[Dataset records]
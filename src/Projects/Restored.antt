-- ===== src/Projects/Restored.antt =====
-- `save_version` and `restore_version` of application/project_service.py: what is saved comes back.
use workspace.Base.{
  ◌≡◌, refl, sym, ap, ◌∙◌, subst, Option, none, some, Text, text_eq, find?, any, arith, ◌>>=◌, gets,
  Ensures, Ensures-bind, after_gets, skip_reads, note_gets, after_or_raise, after_modify, follow,
  keep_then, keep_pure, ends_pure, find?-any, on_if,
}
use workspace.Domain.Errors.{ObjectId}
use workspace.Domain.Models.{Project, ProjectVersion}
use workspace.Store.{Env, World, Op}
use workspace.Store.Projects.{is_file_at, file_get, file_list_for_project, version_get}
use workspace.Projects.Files.{touch}
use workspace.Projects.Versions.{
  get_version, delete_each, upsert_entries, restore_version, restore_found, restore_files,
  version_activity,
}
use workspace.Projects.Contained.{
  SameTrees, KeepsTrees, now-KeepsTrees, project_update-KeepsTrees, record_activity-KeepsTrees,
}
use workspace.Projects.Contained.Keyed.{OnePerPath}
use workspace.Projects.Trees.{
  Content, content_of, content_at, entry_at, or_content, OneEntryPerPath, delete_each-get,
  upsert_entries-content,
}
use workspace.Projects.Trees.Sorted.{listed-find}

-- A statement on the tables of files and versions alone.
abbrev pub OnTrees : (World → Type 0) → Type 0
OnTrees Q = (w w' : World) → SameTrees w w' → Q w → Q w'

module _ {Q : World → Type 0} (on : OnTrees Q) where
  pub unmoved : {A : Type 0} {m : Op A} → KeepsTrees m → Ensures Q m (λ _. Q)
  unmoved k = record { at = λ w a w' q h. on w w' (k.at w a w' h) q }

  pub touch-unmoved : (env : Env) (p : Project) → Ensures Q (touch env p) (λ _. Q)
  unfolding touch
  touch-unmoved env p =
      follow _ _ (unmoved (now-KeepsTrees env)) λ at. unmoved (project_update-KeepsTrees _)

pub content-same :
    (project : ObjectId) (w w' : World) (q : Text)
    → SameTrees w w'
    → content_at project w' q ≡ content_at project w q
unfolding file_get
content-same project w w' q s = ap (λ rows. content_of (find? (is_file_at project q) rows)) s.files

-- A project holds what a version holds.
abbrev pub Holds : ProjectVersion → World → Type 0
Holds v w = (path : Text) → content_at v.project_id w path ≡ entry_at v.files path

abbrev Empty : ObjectId → World → Type 0
Empty project w = (path : Text) → file_get project path w ≡ none

Holds-OnTrees : (v : ProjectVersion) → OnTrees (Holds v)
unfolding file_get
Holds-OnTrees v w w' s h path =
    ap (λ rows. content_of (find? (is_file_at v.project_id path) rows)) s.files ∙ h path

Empty-OnTrees : (project : ObjectId) → OnTrees (Empty project)
unfolding file_get
Empty-OnTrees project w w' s h path = ap (find? (is_file_at project path)) s.files ∙ h path

emptied :
    (project : ObjectId) (w : World)
    → OnePerPath w.project_files
    → Empty project (delete_each project (file_list_for_project project w) w)
emptied project w one path =
    delete_each-get project path _ w
    ∙ on_if (λ o. o ≡ none) (any (λ f. text_eq f.path path) (file_list_for_project project w))
        (λ _. refl)
        (λ e. sym (listed-find project path w one) ∙ find?-any (λ f. text_eq f.path path) _ e)

or_content-none : (o : Option Content) → or_content o none ≡ o
or_content-none none = refl
or_content-none (some c) = refl

filled :
    (v : ProjectVersion) (at : _) (w : World)
    → OneEntryPerPath v.files
    → Empty v.project_id w
    → Holds v (upsert_entries v.project_id at v.files w)
filled v at w one e path =
    upsert_entries-content v.project_id at path v.files w one
    ∙ ap (λ o. or_content (entry_at v.files path) (content_of o)) (e path)
    ∙ or_content-none (entry_at v.files path)

abbrev pub IsFound : ObjectId → ProjectVersion → World → Type 0
IsFound i v w = (version_get i w ≡ some v) × OnePerPath w.project_files

get_version-IsFound :
    (user i : ObjectId) (v : ProjectVersion)
    → Ensures (IsFound i v) (get_version user i) (λ u w. (u ≡ v) × OnePerPath w.project_files)
unfolding get_version
get_version-IsFound user i v =
    note_gets (λ found. found ≡ some v) _ _ (λ w e. e.0)
      λ found e.
        after_or_raise _ _ _
          λ u e1. skip_reads _ _ λ access. ends_pure u (λ w p. (ground (arith), p.1))

restored-Holds :
    (env : Env) (user : ObjectId) (v : ProjectVersion) (p : Project)
    → OneEntryPerPath v.files
    → Ensures
        (λ w. OnePerPath w.project_files)
        (gets (file_list_for_project v.project_id) >>= λ files. restore_files env user v p files)
        (λ _. Holds v)
unfolding restore_files version_activity
restored-Holds env user v p one = after_gets _ _ λ files.
    after_modify _ _
      (λ w q.
        subst (λ fs. Empty v.project_id (delete_each v.project_id fs w)) q.1
          (emptied v.project_id w q.0))
      (follow _ _ (unmoved (Empty-OnTrees v.project_id) (now-KeepsTrees env)) λ at.
        after_modify _ _ (λ w. filled v at w one)
          (keep_then _ _ (touch-unmoved (Holds-OnTrees v) env p) (
            keep_then _ _ (unmoved (Holds-OnTrees v) (record_activity-KeepsTrees env user _))
              (keep_pure _))))

pub restore_version-Holds :
    (env : Env) (user i : ObjectId) (v : ProjectVersion)
    → OneEntryPerPath v.files
    → Ensures (IsFound i v) (restore_version env user i) (λ _. Holds v)
unfolding restore_version restore_found
restore_version-Holds env user i v one =
    Ensures-bind (λ u w. (u ≡ v) × OnePerPath w.project_files) _ _ (get_version-IsFound user i v)
      (λ u. record { at = λ w b w' q h. (same u q.0).at w b w' q.1 h })
  where
    same :
        (u : ProjectVersion)
        → u ≡ v
        → Ensures (λ w. OnePerPath w.project_files) (restore_found env user u) (λ _. Holds v)
    same u e = skip_reads _ _ λ access.
        subst
          (λ x.
            Ensures (λ w. OnePerPath w.project_files)
              (gets (file_list_for_project u.project_id) >>= λ files.
                restore_files env user u access.project files)
              (λ _. Holds x))
          e
          (restored-Holds env user u access.project
            (subst (λ x. OneEntryPerPath x.files) (sym e) one))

**Goal of the exercise**
Go through the records and pull out each line that includes the word "Contained".

**Result of the task**
use workspace.Projects.Contained.{
use workspace.Projects.Contained.Keyed.{OnePerPath}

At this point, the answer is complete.